[WHAT TO WORK ON]:
Only the lines from the one containing "election_id = j.election_id;" to the end of the records belong in the output; print them exactly.

[INPUT DATA]:
= = = = = = =

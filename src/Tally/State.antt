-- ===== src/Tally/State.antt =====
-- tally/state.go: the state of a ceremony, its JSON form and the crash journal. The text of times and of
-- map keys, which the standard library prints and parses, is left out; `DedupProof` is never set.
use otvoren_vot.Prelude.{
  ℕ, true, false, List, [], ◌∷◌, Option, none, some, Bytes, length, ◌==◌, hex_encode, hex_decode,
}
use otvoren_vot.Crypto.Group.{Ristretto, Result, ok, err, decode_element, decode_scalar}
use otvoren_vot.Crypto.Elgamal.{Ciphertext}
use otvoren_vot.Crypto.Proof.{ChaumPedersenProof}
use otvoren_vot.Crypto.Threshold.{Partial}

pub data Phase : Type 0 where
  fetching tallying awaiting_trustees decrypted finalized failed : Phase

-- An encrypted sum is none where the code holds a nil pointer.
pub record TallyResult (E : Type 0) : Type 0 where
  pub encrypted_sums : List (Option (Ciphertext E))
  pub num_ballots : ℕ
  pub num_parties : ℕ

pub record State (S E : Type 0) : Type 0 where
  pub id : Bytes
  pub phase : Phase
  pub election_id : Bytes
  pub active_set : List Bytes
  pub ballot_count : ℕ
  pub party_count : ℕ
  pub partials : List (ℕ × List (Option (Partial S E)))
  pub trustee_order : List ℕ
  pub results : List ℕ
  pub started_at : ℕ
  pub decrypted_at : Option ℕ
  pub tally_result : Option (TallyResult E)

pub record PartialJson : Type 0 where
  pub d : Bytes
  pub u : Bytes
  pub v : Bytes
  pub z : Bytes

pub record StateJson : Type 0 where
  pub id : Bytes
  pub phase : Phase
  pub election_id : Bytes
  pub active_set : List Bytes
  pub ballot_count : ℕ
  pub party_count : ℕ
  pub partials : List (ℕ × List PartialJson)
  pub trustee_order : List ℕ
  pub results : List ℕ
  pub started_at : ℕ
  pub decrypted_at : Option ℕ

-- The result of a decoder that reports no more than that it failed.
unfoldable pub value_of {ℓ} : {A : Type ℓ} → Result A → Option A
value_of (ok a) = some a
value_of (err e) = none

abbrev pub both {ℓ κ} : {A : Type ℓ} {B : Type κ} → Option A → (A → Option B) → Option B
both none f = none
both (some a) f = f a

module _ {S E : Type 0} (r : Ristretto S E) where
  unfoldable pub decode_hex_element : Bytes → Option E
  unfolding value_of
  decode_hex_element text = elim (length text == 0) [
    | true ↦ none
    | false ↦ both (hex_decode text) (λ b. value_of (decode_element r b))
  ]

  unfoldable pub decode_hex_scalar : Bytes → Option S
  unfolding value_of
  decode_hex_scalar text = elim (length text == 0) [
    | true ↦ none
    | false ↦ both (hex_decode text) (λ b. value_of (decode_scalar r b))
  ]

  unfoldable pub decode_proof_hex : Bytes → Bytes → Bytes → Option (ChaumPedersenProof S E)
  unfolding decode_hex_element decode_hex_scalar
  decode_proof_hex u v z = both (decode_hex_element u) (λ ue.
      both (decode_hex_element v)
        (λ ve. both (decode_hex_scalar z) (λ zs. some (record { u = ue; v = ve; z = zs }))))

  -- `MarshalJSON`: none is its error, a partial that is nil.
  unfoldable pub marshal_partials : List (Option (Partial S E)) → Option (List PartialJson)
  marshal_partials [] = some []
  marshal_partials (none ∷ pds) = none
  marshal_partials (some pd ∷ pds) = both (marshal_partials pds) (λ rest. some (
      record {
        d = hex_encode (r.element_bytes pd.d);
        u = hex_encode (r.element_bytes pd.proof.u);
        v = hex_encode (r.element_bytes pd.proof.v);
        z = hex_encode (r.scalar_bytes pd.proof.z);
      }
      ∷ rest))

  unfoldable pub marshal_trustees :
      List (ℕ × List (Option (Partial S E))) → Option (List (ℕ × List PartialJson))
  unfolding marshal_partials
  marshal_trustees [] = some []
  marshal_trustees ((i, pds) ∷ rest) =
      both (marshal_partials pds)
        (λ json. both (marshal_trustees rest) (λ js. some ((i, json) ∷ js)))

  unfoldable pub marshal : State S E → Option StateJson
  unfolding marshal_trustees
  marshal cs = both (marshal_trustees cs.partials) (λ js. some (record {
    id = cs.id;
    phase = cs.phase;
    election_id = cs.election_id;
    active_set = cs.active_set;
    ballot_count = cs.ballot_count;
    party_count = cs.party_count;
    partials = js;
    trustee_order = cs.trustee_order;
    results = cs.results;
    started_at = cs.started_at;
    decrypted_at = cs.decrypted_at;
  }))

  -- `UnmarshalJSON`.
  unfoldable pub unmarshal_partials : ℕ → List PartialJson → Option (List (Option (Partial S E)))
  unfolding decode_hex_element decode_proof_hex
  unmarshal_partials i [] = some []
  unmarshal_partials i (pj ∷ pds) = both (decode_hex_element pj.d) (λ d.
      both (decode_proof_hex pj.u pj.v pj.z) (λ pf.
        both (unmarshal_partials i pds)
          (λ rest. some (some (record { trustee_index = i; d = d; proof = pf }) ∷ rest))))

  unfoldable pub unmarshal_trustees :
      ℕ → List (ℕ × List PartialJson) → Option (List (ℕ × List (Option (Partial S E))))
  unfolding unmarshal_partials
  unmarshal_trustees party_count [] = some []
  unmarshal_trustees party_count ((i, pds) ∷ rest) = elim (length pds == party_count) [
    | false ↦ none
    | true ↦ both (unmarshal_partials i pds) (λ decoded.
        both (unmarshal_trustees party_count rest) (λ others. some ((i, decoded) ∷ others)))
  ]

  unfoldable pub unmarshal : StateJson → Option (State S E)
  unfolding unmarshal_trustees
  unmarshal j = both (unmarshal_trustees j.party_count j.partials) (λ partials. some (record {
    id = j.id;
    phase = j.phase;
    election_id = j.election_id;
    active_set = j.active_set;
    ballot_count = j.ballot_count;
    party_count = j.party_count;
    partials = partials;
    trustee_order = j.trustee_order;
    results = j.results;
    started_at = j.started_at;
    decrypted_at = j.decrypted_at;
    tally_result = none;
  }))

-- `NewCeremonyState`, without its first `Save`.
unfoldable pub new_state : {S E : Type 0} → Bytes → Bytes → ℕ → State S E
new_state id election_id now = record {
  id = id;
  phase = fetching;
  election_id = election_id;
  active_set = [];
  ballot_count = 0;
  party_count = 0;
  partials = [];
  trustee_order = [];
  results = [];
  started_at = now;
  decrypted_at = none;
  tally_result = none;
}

= = = = = = =

[TASK SOLUTION]:
    election_id = j.election_id;
    active_set = j.active_set;
    ballot_count = j.ballot_count;
    party_count = j.party_count;
    partials = partials;
    trustee_order = j.trustee_order;
    results = j.results;
    started_at = j.started_at;
    decrypted_at = j.decrypted_at;
    tally_result = none;
  }))

-- `NewCeremonyState`, without its first `Save`.
unfoldable pub new_state : {S E : Type 0} → Bytes → Bytes → ℕ → State S E
new_state id election_id now = record {
  id = id;
  phase = fetching;
  election_id = election_id;
  active_set = [];
  ballot_count = 0;
  party_count = 0;
  partials = [];
  trustee_order = [];
  results = [];
  started_at = now;
  decrypted_at = none;
  tally_result = none;
}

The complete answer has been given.